[DATA SUPPLIED — start]

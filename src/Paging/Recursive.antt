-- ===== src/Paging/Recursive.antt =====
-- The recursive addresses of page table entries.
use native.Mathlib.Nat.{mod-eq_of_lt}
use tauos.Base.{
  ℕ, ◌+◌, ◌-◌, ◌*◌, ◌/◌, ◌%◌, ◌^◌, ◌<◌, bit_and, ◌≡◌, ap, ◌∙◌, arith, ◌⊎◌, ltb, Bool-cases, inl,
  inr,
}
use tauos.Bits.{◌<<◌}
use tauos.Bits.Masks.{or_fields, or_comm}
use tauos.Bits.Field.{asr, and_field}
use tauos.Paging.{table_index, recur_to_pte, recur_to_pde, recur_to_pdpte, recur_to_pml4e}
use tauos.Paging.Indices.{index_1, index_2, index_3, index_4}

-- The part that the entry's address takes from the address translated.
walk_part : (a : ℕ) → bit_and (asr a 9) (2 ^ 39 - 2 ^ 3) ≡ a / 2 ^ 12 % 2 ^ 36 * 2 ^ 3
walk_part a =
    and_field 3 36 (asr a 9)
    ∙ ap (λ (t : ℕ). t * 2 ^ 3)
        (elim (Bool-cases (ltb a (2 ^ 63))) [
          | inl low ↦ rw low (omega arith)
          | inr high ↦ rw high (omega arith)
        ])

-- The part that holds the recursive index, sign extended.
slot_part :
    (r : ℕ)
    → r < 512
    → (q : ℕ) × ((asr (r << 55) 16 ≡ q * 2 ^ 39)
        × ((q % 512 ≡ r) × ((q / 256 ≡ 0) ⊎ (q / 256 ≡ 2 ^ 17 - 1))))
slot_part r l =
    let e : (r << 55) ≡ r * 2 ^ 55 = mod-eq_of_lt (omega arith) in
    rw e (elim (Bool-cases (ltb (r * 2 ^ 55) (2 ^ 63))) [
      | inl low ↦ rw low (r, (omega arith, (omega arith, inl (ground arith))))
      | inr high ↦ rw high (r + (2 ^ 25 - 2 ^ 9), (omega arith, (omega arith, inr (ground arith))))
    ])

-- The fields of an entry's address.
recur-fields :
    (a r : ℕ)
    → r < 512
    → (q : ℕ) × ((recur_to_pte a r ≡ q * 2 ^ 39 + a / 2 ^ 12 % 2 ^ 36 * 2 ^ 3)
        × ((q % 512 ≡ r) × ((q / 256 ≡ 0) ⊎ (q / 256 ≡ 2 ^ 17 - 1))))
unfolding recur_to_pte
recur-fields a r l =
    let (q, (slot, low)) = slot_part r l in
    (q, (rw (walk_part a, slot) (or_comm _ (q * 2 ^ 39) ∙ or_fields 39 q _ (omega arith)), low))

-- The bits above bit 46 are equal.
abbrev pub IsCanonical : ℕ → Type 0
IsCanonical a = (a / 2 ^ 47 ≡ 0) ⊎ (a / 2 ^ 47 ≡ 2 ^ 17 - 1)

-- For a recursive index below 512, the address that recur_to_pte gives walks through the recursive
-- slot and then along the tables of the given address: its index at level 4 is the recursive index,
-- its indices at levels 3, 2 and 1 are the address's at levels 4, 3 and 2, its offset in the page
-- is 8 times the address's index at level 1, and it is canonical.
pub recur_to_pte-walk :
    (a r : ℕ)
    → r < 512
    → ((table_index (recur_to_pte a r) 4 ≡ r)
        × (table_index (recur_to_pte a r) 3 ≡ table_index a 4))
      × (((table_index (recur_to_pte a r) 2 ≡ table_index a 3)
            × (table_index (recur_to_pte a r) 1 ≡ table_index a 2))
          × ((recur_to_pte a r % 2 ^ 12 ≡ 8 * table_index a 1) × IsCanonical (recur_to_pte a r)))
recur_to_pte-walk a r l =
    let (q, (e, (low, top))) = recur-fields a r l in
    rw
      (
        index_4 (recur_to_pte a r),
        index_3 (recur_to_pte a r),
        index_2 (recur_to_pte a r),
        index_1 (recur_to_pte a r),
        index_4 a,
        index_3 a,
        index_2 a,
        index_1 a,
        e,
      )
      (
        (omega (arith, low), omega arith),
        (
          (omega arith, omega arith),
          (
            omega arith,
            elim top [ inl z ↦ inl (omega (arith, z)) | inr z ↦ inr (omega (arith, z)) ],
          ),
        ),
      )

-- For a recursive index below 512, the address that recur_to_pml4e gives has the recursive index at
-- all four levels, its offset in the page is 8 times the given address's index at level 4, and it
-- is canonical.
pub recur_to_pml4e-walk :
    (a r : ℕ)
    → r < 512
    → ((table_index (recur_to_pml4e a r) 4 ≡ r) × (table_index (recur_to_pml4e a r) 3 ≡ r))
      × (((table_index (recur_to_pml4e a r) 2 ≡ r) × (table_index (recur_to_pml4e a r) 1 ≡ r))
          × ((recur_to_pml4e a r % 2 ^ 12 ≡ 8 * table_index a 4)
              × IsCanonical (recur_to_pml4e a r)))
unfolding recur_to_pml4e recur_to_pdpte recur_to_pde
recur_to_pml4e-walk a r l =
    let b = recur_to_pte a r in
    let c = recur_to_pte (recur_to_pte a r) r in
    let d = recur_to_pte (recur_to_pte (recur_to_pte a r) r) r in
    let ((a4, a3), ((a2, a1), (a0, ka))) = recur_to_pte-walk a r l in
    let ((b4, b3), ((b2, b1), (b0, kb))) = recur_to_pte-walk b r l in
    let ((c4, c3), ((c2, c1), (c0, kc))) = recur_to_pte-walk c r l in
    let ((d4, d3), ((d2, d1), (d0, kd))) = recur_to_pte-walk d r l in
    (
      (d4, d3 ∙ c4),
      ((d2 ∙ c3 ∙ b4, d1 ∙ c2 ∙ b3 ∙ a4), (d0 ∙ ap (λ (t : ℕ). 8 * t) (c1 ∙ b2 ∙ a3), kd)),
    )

[DATA SUPPLIED — finish]

# THE PROBLEM
In the listing above, find the line with "-- The bits above bit 46 are equal." and the line with "recursive index at". Output those two lines and every line between them, exactly as written.

# SOLUTION TO THE EXERCISE
-- The bits above bit 46 are equal.
abbrev pub IsCanonical : ℕ → Type 0
IsCanonical a = (a / 2 ^ 47 ≡ 0) ⊎ (a / 2 ^ 47 ≡ 2 ^ 17 - 1)

-- For a recursive index below 512, the address that recur_to_pte gives walks through the recursive
-- slot and then along the tables of the given address: its index at level 4 is the recursive index,
-- its indices at levels 3, 2 and 1 are the address's at levels 4, 3 and 2, its offset in the page
-- is 8 times the address's index at level 1, and it is canonical.
pub recur_to_pte-walk :
    (a r : ℕ)
    → r < 512
    → ((table_index (recur_to_pte a r) 4 ≡ r)
        × (table_index (recur_to_pte a r) 3 ≡ table_index a 4))
      × (((table_index (recur_to_pte a r) 2 ≡ table_index a 3)
            × (table_index (recur_to_pte a r) 1 ≡ table_index a 2))
          × ((recur_to_pte a r % 2 ^ 12 ≡ 8 * table_index a 1) × IsCanonical (recur_to_pte a r)))
recur_to_pte-walk a r l =
    let (q, (e, (low, top))) = recur-fields a r l in
    rw
      (
        index_4 (recur_to_pte a r),
        index_3 (recur_to_pte a r),
        index_2 (recur_to_pte a r),
        index_1 (recur_to_pte a r),
        index_4 a,
        index_3 a,
        index_2 a,
        index_1 a,
        e,
      )
      (
        (omega (arith, low), omega arith),
        (
          (omega arith, omega arith),
          (
            omega arith,
            elim top [ inl z ↦ inl (omega (arith, z)) | inr z ↦ inr (omega (arith, z)) ],
          ),
        ),
      )

-- For a recursive index below 512, the address that recur_to_pml4e gives has the recursive index at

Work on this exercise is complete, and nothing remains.